Biopsies remain the standard procedure for definitive diagnosis of cancer, and millions are performed annually in the U.S., but a new AI-powered handheld imaging device developed by researchers at Rice University and The University of Texas MD Anderson Cancer Center may eventually make that procedure unnecessary in many cases.
The device, called PrecisionView, is a handheld endomicroscope that enables clinicians to visualize both subcellular structures and underlying blood vessels across large tissue areas without the need for invasive biopsies. The device resembles a thick pen, but inside is a complex imaging system that combines optics with deep-learning algorithms. The technology allows doctors to examine tissue at the cellular level while also scanning a much larger area than conventional imaging systems can manage.
“Early detection is one of the most critical factors in improving cancer outcomes, but today’s tools often force clinicians to choose between detail and coverage,” said Rebecca Richards-Kortum, the Malcolm Gillis University Professor at Rice and co-director of the Rice360 Institute for Global Health Technologies. “With PrecisionView, we no longer have to make that trade-off — we can see both clearly and in real time.” Professor Richards-Kortum holds a Ph.D. in medical physics from MIT, and leads the Richards-Kortum Optical Spectroscopy and Imaging Laboratory at Rice.
Researchers from both universities collaborated to develop PrecisionView, and revealed their findings in a research paper titled “Deep-Learning endomicroscope with large field-of-view and depth-of-field for real-time in vivo imaging of epithelial cancer hallmarks.” The paper was published in the Proceedings of the National Academy of Sciences.
Epithelial cancers are the most common type of cancer, accounting for 90% of all diagnoses, developing in the thin layer of tissue that forms the lining of the skin, internal organs, and inner passageways of the body, yet many are diagnosed at late stages in part because current diagnosis relies heavily on biopsies.
“Being able to capture both nuclear and vascular features in a single, continuous image is a major step forward, because these are the signals clinicians rely on to distinguish healthy tissue from precancerous or cancerous lesions,” said Huayu Hou, one of the paper’s authors. He is a graduate student in Richards-Kortum’s laboratory, which has a mission to develop “cost effective optical imaging and spectroscopy tools to reduce the incidence and mortality of cancer and infectious disease through early detection at the point-of-care.”
The PrecisionView system achieves this using what researchers describe as a deep learning-optimized optical design.
“Traditionally, machine learning and artificial intelligence tools are used to enhance images in terms of resolution or contrast, after the images have been acquired by conventional imaging systems,” said Ashok Veeraraghavan, chair of electrical and computer engineering at Rice and a co-author of the study. “In stark contrast, this work utilizes AI approaches to redesign the optics of a microscope,” he said. “The AI-designed optics not only improves resolution/contrast but more importantly breaks the conventional trade-off between depth of field and resolution.”
Current high-resolution microscopes can easily lose focus if tissue surfaces are uneven or if the device shifts slightly in a clinician’s hand. PrecisionView’s expanded depth of field helps maintain sharp imaging even under less-than-perfect conditions.

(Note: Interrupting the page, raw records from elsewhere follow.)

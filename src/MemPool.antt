-- ===== src/MemPool.antt =====
-- c++/src/server/mempool.hpp and mempool.cpp: the transactions that wait for a block. The set of
-- transactions is a list in the order of `operator<` of Transaction (signatures), in which two
-- elements are the same when neither comes first; `mempoolOutgoing` is an association list. The
-- thread that sends `toSend` to other hosts is not modelled; the locks make each call one step.
pub mod Bounds
use shifupool.Base.{
  ℕ, ◌+◌, ◌*◌, Bool, true, false, not, ◌&&◌, Option, none, some, List, [], ◌∷◌, ◌++◌, Bytes,
  bytes_eq, ltb, ◌==◌, if◌then◌else◌, length, Result, returned, threw, Exception, Action, ◌>>=◌,
  ◌>>◌, pure,
}
use shifupool.Words.{add64}
use shifupool.Transaction.{Transaction, transaction_lt, transaction_info_to_buffer, serialize}
use shifupool.Block.{Block}
use shifupool.Executor.Status.{ExecutionStatus, is_success}
use shifupool.Executor.Deltas.{LedgerState, credit_delta, debit_delta, delta, touched}

-- `MAX_TRANSACTIONS_PER_BLOCK`
abbrev pub max_transactions_per_block : ℕ
max_transactions_per_block = 25000

pub record MemPool : Type 0 where
  pub mempool_outgoing : LedgerState
  pub to_send : List Transaction
  pub transaction_queue : List Transaction

-- what `transactionQueue.find` takes for the same transaction
abbrev pub equivalent : Transaction → Transaction → Bool
equivalent t u = not (transaction_lt t u) && not (transaction_lt u t)

unfoldable pub queued : Transaction → List Transaction → Bool
queued t [] = false
queued t (u ∷ us) = let rest = queued t us in if equivalent t u then true else rest

-- `transactionQueue.insert` of a transaction that was not found
unfoldable pub insert : Transaction → List Transaction → List Transaction
insert t [] = t ∷ []
insert t (u ∷ us) = let rest = insert t us in if transaction_lt t u then t ∷ u ∷ us else u ∷ rest

-- `transactionQueue.erase` of the transaction that was found
unfoldable pub erase : Transaction → List Transaction → List Transaction
erase t [] = []
erase t (u ∷ us) = let rest = erase t us in if equivalent t u then us else u ∷ rest

-- `mempoolOutgoing[wallet]` inserts a zero where there is no entry.
unfoldable pub subscript : Bytes → LedgerState → LedgerState
subscript w d = if touched d w then d else d ++ ((w, 0) ∷ [])

unfoldable pub erase_key : Bytes → LedgerState → LedgerState
erase_key w [] = []
erase_key w ((v, x) ∷ d) = let rest = erase_key w d in if bytes_eq w v then d else (v, x) ∷ rest

-- `MemPool::hasTransaction`, `size`, `getTransactions`
unfoldable pub has_transaction : MemPool → Transaction → Bool
has_transaction m t = queued t m.transaction_queue

unfoldable pub size : MemPool → ℕ
size m = length m.transaction_queue

unfoldable pub get_transactions : MemPool → List Transaction
get_transactions m = m.transaction_queue

-- `MemPool::getRaw`: the queue as it is sent to a miner
unfoldable pub raw_from : List Transaction → Bytes → Bytes
raw_from [] buf = buf
raw_from (t ∷ ts) buf = raw_from ts (transaction_info_to_buffer (serialize t) buf)

unfoldable pub get_raw : MemPool → Bytes
unfolding raw_from
get_raw m = raw_from m.transaction_queue []

-- What the pool asks of the block chain, whose state is `S`.
pub record Chain (S : Type 0) : Type 0 where
  pub verify_transaction : Transaction → Action S ExecutionStatus
  pub get_wallet_value : S → Bytes → Result ℕ

-- The pool and the chain that it asks.
pub record Node (S : Type 0) : Type 0 where
  pub pool : MemPool
  pub chain : S

-- the insertion into the queue, the outgoing amounts and the list to send
unfoldable pub enqueue : Transaction → MemPool → MemPool
enqueue t m = record {
  mempool_outgoing = credit_delta t.from t.amount m.mempool_outgoing;
  to_send = m.to_send ++ (t ∷ []);
  transaction_queue = insert t m.transaction_queue;
}

-- the tests on a transaction that the chain would execute
unfoldable pub admit : Transaction → Result ℕ → MemPool → Result ExecutionStatus × MemPool
admit t balance m =
    let looked =
      if not t.is_transaction_fee
      then record m { mempool_outgoing = subscript t.from m.mempool_outgoing }
      else m in
    let insertion =
      if ltb (length m.transaction_queue) max_transactions_per_block
      then (Result.returned ExecutionStatus.success, enqueue t looked)
      else (Result.returned ExecutionStatus.queue_full, looked) in
    if t.is_transaction_fee then insertion else elim balance [
      | threw e ↦ (Result.threw e, looked)
      | returned value ↦
          if ltb value (add64 (delta m.mempool_outgoing t.from) t.amount)
          then (Result.returned ExecutionStatus.balance_too_low, looked)
          else insertion
    ]

module _ {S : Type 0} (c : Chain S) where
  -- `MemPool::addTransaction`
  unfoldable pub add_transaction : Transaction → Action (Node S) ExecutionStatus
  add_transaction t n =
      if queued t n.pool.transaction_queue
      then (returned ExecutionStatus.already_in_queue, n)
      else (let (r, s) = c.verify_transaction t n.chain in
          elim r [
            | threw e ↦ (threw e, record { pool = n.pool; chain = s })
            | returned status ↦
                if is_success status
                then (let (r', m) = admit t (c.get_wallet_value s t.from) n.pool in
                    (r', record { pool = m; chain = s }))
                else (returned status, record { pool = n.pool; chain = s })
          ])

-- what `finishBlock` does with the outgoing amount of a transaction that it took out
unfoldable pub settle : Transaction → LedgerState → LedgerState
settle t d =
    if t.is_transaction_fee
    then d
    else (let d' = debit_delta t.from t.amount d in
        if delta d' t.from == 0 then erase_key t.from d' else d')

unfoldable pub finish_transaction : Transaction → MemPool → MemPool
finish_transaction t m =
    if queued t m.transaction_queue
    then record m {
      mempool_outgoing = settle t m.mempool_outgoing;
      transaction_queue = erase t m.transaction_queue;
    }
    else m

finish_all : List Transaction → MemPool → MemPool
finish_all [] m = m
finish_all (t ∷ ts) m = finish_all ts (finish_transaction t m)

-- `MemPool::finishBlock`
unfoldable pub finish_block : Block → MemPool → MemPool
unfolding finish_all
finish_block b m = finish_all b.transactions m
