-- ===== src/BlockStore.antt =====
-- c++/src/server/block_store.cpp: the blocks on disk, one LevelDB entry for the header of a block
-- (its key is the image of the number of the block) and one for each of its transactions (number and
-- index), an entry for the count of blocks and one for the total work. The values are images of
-- structures in memory; their padding, which holds anything, is written as zeros.
pub mod Layout
pub mod Blocks
pub mod Kept
use mathlib.Core.List.{reverse}
use shifupool.Base.{
  ℕ, zero, suc, ◌+◌, ◌%◌, Bool, true, false, Option, none, some, List, [], ◌∷◌, ◌++◌, map, Bytes,
  length, Result, returned, threw, Exception, Action, ◌>>=◌, ◌>>◌, pure, if◌then◌else◌,
}
use shifupool.Words.{u32_mod, u64_mod, le_bytes, of_le}
use shifupool.Transaction.{
  Transaction, TransactionInfo, of_transaction_info, transaction_info_to_buffer,
}
use shifupool.Transaction
use shifupool.Block.{Block, BlockHeader, of_block_header, block_header_to_buffer}
use shifupool.Block
use shifupool.DataStore.{LevelDb, checked}
use Layout.{header_image, header_of_image, info_image, info_of_image}

-- `BLOCK_COUNT_KEY`, `TOTAL_WORK_KEY`, in ASCII
abbrev pub block_count_key : Bytes
block_count_key = 66 ∷ 76 ∷ 79 ∷ 67 ∷ 75 ∷ 95 ∷ 67 ∷ 79 ∷ 85 ∷ 78 ∷ 84 ∷ []

abbrev pub total_work_key : Bytes
total_work_key = 84 ∷ 79 ∷ 84 ∷ 65 ∷ 76 ∷ 95 ∷ 87 ∷ 79 ∷ 82 ∷ 75 ∷ []

abbrev pub block_key : ℕ → Bytes
block_key block_id = le_bytes 4 block_id

abbrev pub transaction_key : ℕ → ℕ → Bytes
transaction_key block_id i = le_bytes 4 block_id ++ le_bytes 4 i

-- The decimal text of the big integers of c++/src/external.
pub record BigintText : Type 0 where
  pub to_text : ℕ → Bytes
  pub of_text : Bytes → ℕ

module _ {DB : Type 0} (db : LevelDb DB Bytes) where
  open db use {get, put}

  -- A read whose status is checked.
  abbrev pub fetch : DB → Bytes → Result Bytes
  fetch d key = elim (get d key) [
    | none ↦ threw Exception.key_not_found
    | some value ↦ returned value
  ]

  unfoldable pub set_block_count : ℕ → Action DB (Unit {0})
  set_block_count count d = checked (put d block_count_key (le_bytes 8 count))

  unfoldable pub get_block_count : DB → Result ℕ
  get_block_count d = elim (fetch d block_count_key) [
    | threw e ↦ threw e
    | returned value ↦ returned (of_le 8 value)
  ]

  unfoldable pub has_block_count : DB → Bool
  has_block_count d = elim (get d block_count_key) [ none ↦ false | some value ↦ true ]

  unfoldable pub has_block : DB → ℕ → Bool
  has_block d block_id = elim (get d (block_key block_id)) [ none ↦ false | some value ↦ true ]

  unfoldable pub get_block_header : DB → ℕ → Result BlockHeader
  get_block_header d block_id = elim (fetch d (block_key block_id)) [
    | threw e ↦ threw e
    | returned value ↦ returned (header_of_image value)
  ]

  -- The transactions of the block `id` from the index `i` on, `count` of them.
  unfoldable pub read_transactions : DB → ℕ → ℕ → ℕ → Result (List TransactionInfo)
  read_transactions d id i zero = returned []
  read_transactions d id i (suc count) =
      let rest = read_transactions d id (suc i) count in
      elim (fetch d (transaction_key id i)) [
        | threw e ↦ threw e
        | returned value ↦ elim rest [
          | threw e ↦ threw e
          | returned ts ↦ returned (info_of_image value ∷ ts)
        ]
      ]

  unfoldable pub get_block_transactions : DB → BlockHeader → Result (List TransactionInfo)
  unfolding read_transactions
  get_block_transactions d block = read_transactions d block.id 0 block.num_transactions

  -- The entries of `getRawData` behind the header, written one after the other.
  unfoldable pub read_raw : DB → ℕ → ℕ → ℕ → Bytes → Result Bytes
  read_raw d id i zero buffer = returned buffer
  read_raw d id i (suc count) buffer = elim (fetch d (transaction_key id i)) [
    | threw e ↦ threw e
    | returned value ↦
        read_raw d id (suc i) count (transaction_info_to_buffer (info_of_image value) buffer)
  ]

  unfoldable pub get_raw_data : DB → ℕ → Result Bytes
  unfolding read_raw
  get_raw_data d block_id = elim (get_block_header d block_id) [
    | threw e ↦ threw e
    | returned block ↦
        read_raw d block_id 0 block.num_transactions (block_header_to_buffer block [])
  ]

  -- `stale` is the sender that the transactions of a mining fee are left with.
  unfoldable pub get_block : Bytes → DB → ℕ → Result Block
  get_block stale d block_id = elim (get_block_header d block_id) [
    | threw e ↦ threw e
    | returned block ↦ elim (get_block_transactions d block) [
      | threw e ↦ threw e
      | returned infos ↦ returned (of_block_header block (map (of_transaction_info stale) infos))
    ]
  ]

  -- the loop of `setBlock`
  pub write_transactions : ℕ → ℕ → List Transaction → Action DB (Unit {0})
  write_transactions id i [] = pure tt
  write_transactions id i (t ∷ ts) =
      (λ d. checked (put d (transaction_key id i) (info_image (Transaction.serialize t))))
      >> write_transactions id (suc i) ts

  unfoldable pub set_block : Block → Action DB (Unit {0})
  unfolding write_transactions
  set_block block =
      (λ d. checked (put d (block_key block.id) (header_image (Block.serialize block))))
      >> write_transactions block.id 0 block.transactions

  module _ (text : BigintText) where
    open text use {to_text, of_text}

    unfoldable pub set_total_work : ℕ → Action DB (Unit {0})
    set_total_work count d = checked (put d total_work_key (to_text count))

    unfoldable pub get_total_work : DB → Result ℕ
    get_total_work d = elim (fetch d total_work_key) [
      | threw e ↦ threw e
      | returned value ↦ returned (of_text value)
    ]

The microscope also operates in real time, displaying reconstructed images at up to 15 frames per second. Instead of waiting days for laboratory analysis, physicians could potentially evaluate suspicious tissue during an examination.
Researchers tested the device extensively.
The system was first validated using laboratory targets, animal tissue and postmortem human breast tissue. Researchers then conducted imaging studies involving healthy volunteers and patients undergoing procedures for cervical precancer.
In one study, researchers scanned volunteers’ oral cavities, creating detailed maps of tissue structures and blood vessels across areas larger than 1 square centimeter. In another, the device successfully identified abnormal features in cervical tissue specimens containing precancerous lesions.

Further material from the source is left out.